═══ Material provided

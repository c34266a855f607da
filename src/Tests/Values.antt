-- ===== src/Tests/Values.antt =====
-- The theorems on amounts, balances, weights, payments and hashes at small inputs.
use libranet.Base.{
  ℕ, ◌+◌, ◌*◌, ◌/◌, ◌^◌, ◌≤◌, ◌<◌, min, ◌≡◌, refl, ◌↔◌, true, false, none, some, [], ◌∷◌, arith,
  nat_eq, ceil_div, value_error, ok, err,
}
use libranet.Base.Dict.{get_or}
use libranet.Decimal.{Text, str, int, is_decimal}
use libranet.Json.{decimal_count, Json, string, members, done, member_of}
use libranet.Cas.Prefix.{matching_bits}
use libranet.Cas.Prefix.Bits.{hash_bits, shared, matching_bits-eq-shared}
use libranet.Karma.Amounts.{max_kismet, zero_kismet, from_value, value, IsAmount, Kismet}
use libranet.Karma.Amounts.Laws.{value-from_value}
use libranet.Karma.Balances.{
  generation_parts, rounded_up, moved, sent, won_after, received, LastWon, Balance, IsBalance,
  nonneg,
}
use libranet.Karma.Balances.Laws.{sent_keeps, sent_raises, received_keeps, IsMean, received_between}
use libranet.Karma.Balances.Written.{
  last_won_value, kismet_member, last_won_member, balance_from_value, written_last_won,
  balance_value,
}
use libranet.Karma.Balances.Written.RoundTrip.{balance-from_value-value}
use libranet.Karma.Blocks.{Transaction}
use libranet.Karma.Generations.{issued_below, issued_below_all}
use libranet.Karma.Weight.{
  stake_baseline_generations, window_divisor, counted, after, StakeBaseline,
}
use libranet.Karma.Weight.Laws.{after_fall, after_rise, after_fall_over}
use libranet.Karma.Payments.{due, due_at, next_created, made, PaymentQueue}
use libranet.Karma.Payments.Laws.{due_at-due, due_at-before, queued_for, made_pays}

abbrev kismet : ℕ → Kismet
kismet n = record { count = n }

abbrev thousandths_of : ℕ → LastWon
thousandths_of n = record { thousandths = n }

abbrev holding : ℕ → ℕ → Balance
holding n won = record { kismet = kismet n; last_won = some (thousandths_of won) }

holding_three : IsBalance (holding 3 1000)
holding_three = record { amount = omega arith; holds = (λ h. absurd (omega arith)) }

holding_seven : IsBalance (holding 7 3286)
holding_seven = record { amount = omega arith; holds = (λ h. absurd (omega arith)) }

received_mean : received (holding 3 1000) (kismet 4) (nonneg 5) ≡ ok (holding 7 3286)
unfolding received libranet.Karma.Balances.won_after libranet.Karma.Balances.moved
    libranet.Karma.Balances.rounded_up libranet.Base.ceil_div
received_mean = refl

received_between_case :
    (w : LastWon) × (some (thousandths_of 3286) ≡ some w)
    × IsMean 3 1000 4 (5 * generation_parts) w.thousandths
    × (1000 ≤ w.thousandths)
    × (w.thousandths ≤ 5 * generation_parts)
received_between_case =
    received_between (holding 3 1000) (holding 7 3286) (kismet 4) 5 {won = thousandths_of 1000}
      holding_three refl (omega arith) received_mean

received_keeps_case : IsBalance (holding 7 3286) × (7 ≡ 3 + 4)
received_keeps_case =
    received_keeps (holding 3 1000) (holding 7 3286) (kismet 4) (nonneg 5) holding_three
      received_mean

sent_two : sent (holding 3 1000) (kismet 2) ≡ ok (holding 1 1000)
unfolding sent
sent_two = refl

sent_keeps_case :
    IsBalance (holding 1 1000)
    × (1 + 2 ≡ 3)
    × (some (thousandths_of 1000) ≡ some (thousandths_of 1000))
sent_keeps_case = sent_keeps (holding 3 1000) (holding 1 1000) (kismet 2) holding_three sent_two

sent_raises_case : (sent (holding 3 1000) (kismet 4) ≡ err value_error) ↔ (3 < 4)
sent_raises_case = sent_raises (holding 3 1000) (kismet 4) holding_three

abbrev written_balance : Json
written_balance = members (
    member_of kismet_member (string (55 ∷ []))
      (member_of last_won_member (string (51 ∷ 46 ∷ 50 ∷ 56 ∷ 54 ∷ [])) done))

balance_written : balance_value (holding 7 3286) ≡ ok written_balance
unfolding balance_value from_value libranet.Json.decimal_count libranet.Decimal.is_decimal
    libranet.Decimal.int value libranet.Decimal.str libranet.Karma.Balances.Written.written_last_won
    libranet.Karma.Balances.Written.last_won_value libranet.Karma.Balances.Written.places_of
balance_written = refl

balance-from_value-value_example : balance_from_value written_balance ≡ ok (holding 7 3286)
balance-from_value-value_example =
    balance-from_value-value (holding 7 3286) written_balance holding_seven balance_written

amount_read : from_value (string (52 ∷ 50 ∷ [])) ≡ ok (kismet 42)
unfolding from_value decimal_count is_decimal int
amount_read = refl

value-from_value_example :
    IsAmount (kismet 42)
    × ((s : Text) × (string (52 ∷ 50 ∷ []) ≡ string s) × (value (kismet 42) ≡ ok s))
value-from_value_example = value-from_value (string (52 ∷ 50 ∷ [])) (kismet 42) amount_read

issued_below_all_example : issued_below (10 ^ 13) ≡ ok (max_kismet + 10 ^ 15)
issued_below_all_example = issued_below_all (10 ^ 13) (omega arith)

abbrev baseline : StakeBaseline
baseline = record { stake = 101 }

after_fall_case :
    (4 * 101 ≤ 4 * (after baseline 50 1).stake + 101 + 3)
    × (101 ≤ counted baseline 50 → 101 ≤ (after baseline 50 1).stake)
after_fall_case = after_fall baseline 50 1

after_rise_case :
    (after baseline 500 20).stake
    ≤ 101 + 101 / min stake_baseline_generations (20 / window_divisor + 1)
after_rise_case = after_rise baseline 500 20 (omega arith)

after_fall_over_example : 4 * (after baseline 0 3).stake < 3 * 101
after_fall_over_example = after_fall_over baseline 3 (omega arith) (omega arith)

-- "8f" and "9f" share 3 bits.
matching_bits-eq-shared_example :
    matching_bits (56 ∷ 102 ∷ []) (57 ∷ 102 ∷ [])
    ≡ shared (hash_bits (56 ∷ 102 ∷ [])) (hash_bits (57 ∷ 102 ∷ []))
matching_bits-eq-shared_example =
    matching_bits-eq-shared (56 ∷ 102 ∷ []) (57 ∷ 102 ∷ []) (refl, (refl, tt)) (refl, (refl, tt))

matching_bits_three : matching_bits (56 ∷ 102 ∷ []) (57 ∷ 102 ∷ []) ≡ 3
unfolding matching_bits
matching_bits_three = refl

abbrev queue : PaymentQueue
queue = record {
  payments =
      record { recipient = 2; amount = kismet 5 }
      ∷ record { recipient = 3; amount = kismet 1 }
      ∷ record { recipient = 2; amount = kismet 4 }
      ∷ [];
  last_created = some 1000;
  transaction = none;
}

abbrev made_transaction : Transaction
made_transaction = record {
  sender = 1;
  to = (2, kismet 9) ∷ (3, kismet 1) ∷ [];
  fee = kismet 0;
  generation = 6;
  created = 1001;
  nonce = [];
}

made_from_queue : made queue 1 6 1000 ≡ ok made_transaction
unfolding made libranet.Karma.Amounts.add
made_from_queue = refl

made_pays_case :
    (made_transaction.sender ≡ 1)
    × ((get_or 2 zero_kismet made_transaction.to).count ≡ queued_for 2 queue.payments)
    × (made_transaction.fee.count ≡ 0)
    × (made_transaction.created ≡ next_created (some 1000) 1000)
made_pays_case = made_pays queue 1 6 1000 2 made_transaction made_from_queue

queue_due_at : due_at queue 1010 10 60 ≡ some 1060
unfolding due_at
queue_due_at = refl

due_at-due_case : (due queue 1060 10 60 ≡ true) × (1010 ≤ 1060)
due_at-due_case = due_at-due queue 1010 10 60 1060 refl queue_due_at

due_at-before_case : due queue 1059 10 60 ≡ false
due_at-before_case =
    due_at-before queue 1010 10 60 1060 1059 refl queue_due_at (omega arith) (omega arith)
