-- ===== src/Webserver.antt =====
-- The web server: src/libranet/webserver.
pub mod ByteRange
pub mod Sessions
pub mod Clients
pub mod Peers
pub mod Router
pub mod AppUse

══════

The lines in the records above that include the word "Json" must be copied out.

use libranet.Json.{decimal_count, Json, string, members, done, member_of}
abbrev written_balance : Json
unfolding balance_value from_value libranet.Json.decimal_count libranet.Decimal.is_decimal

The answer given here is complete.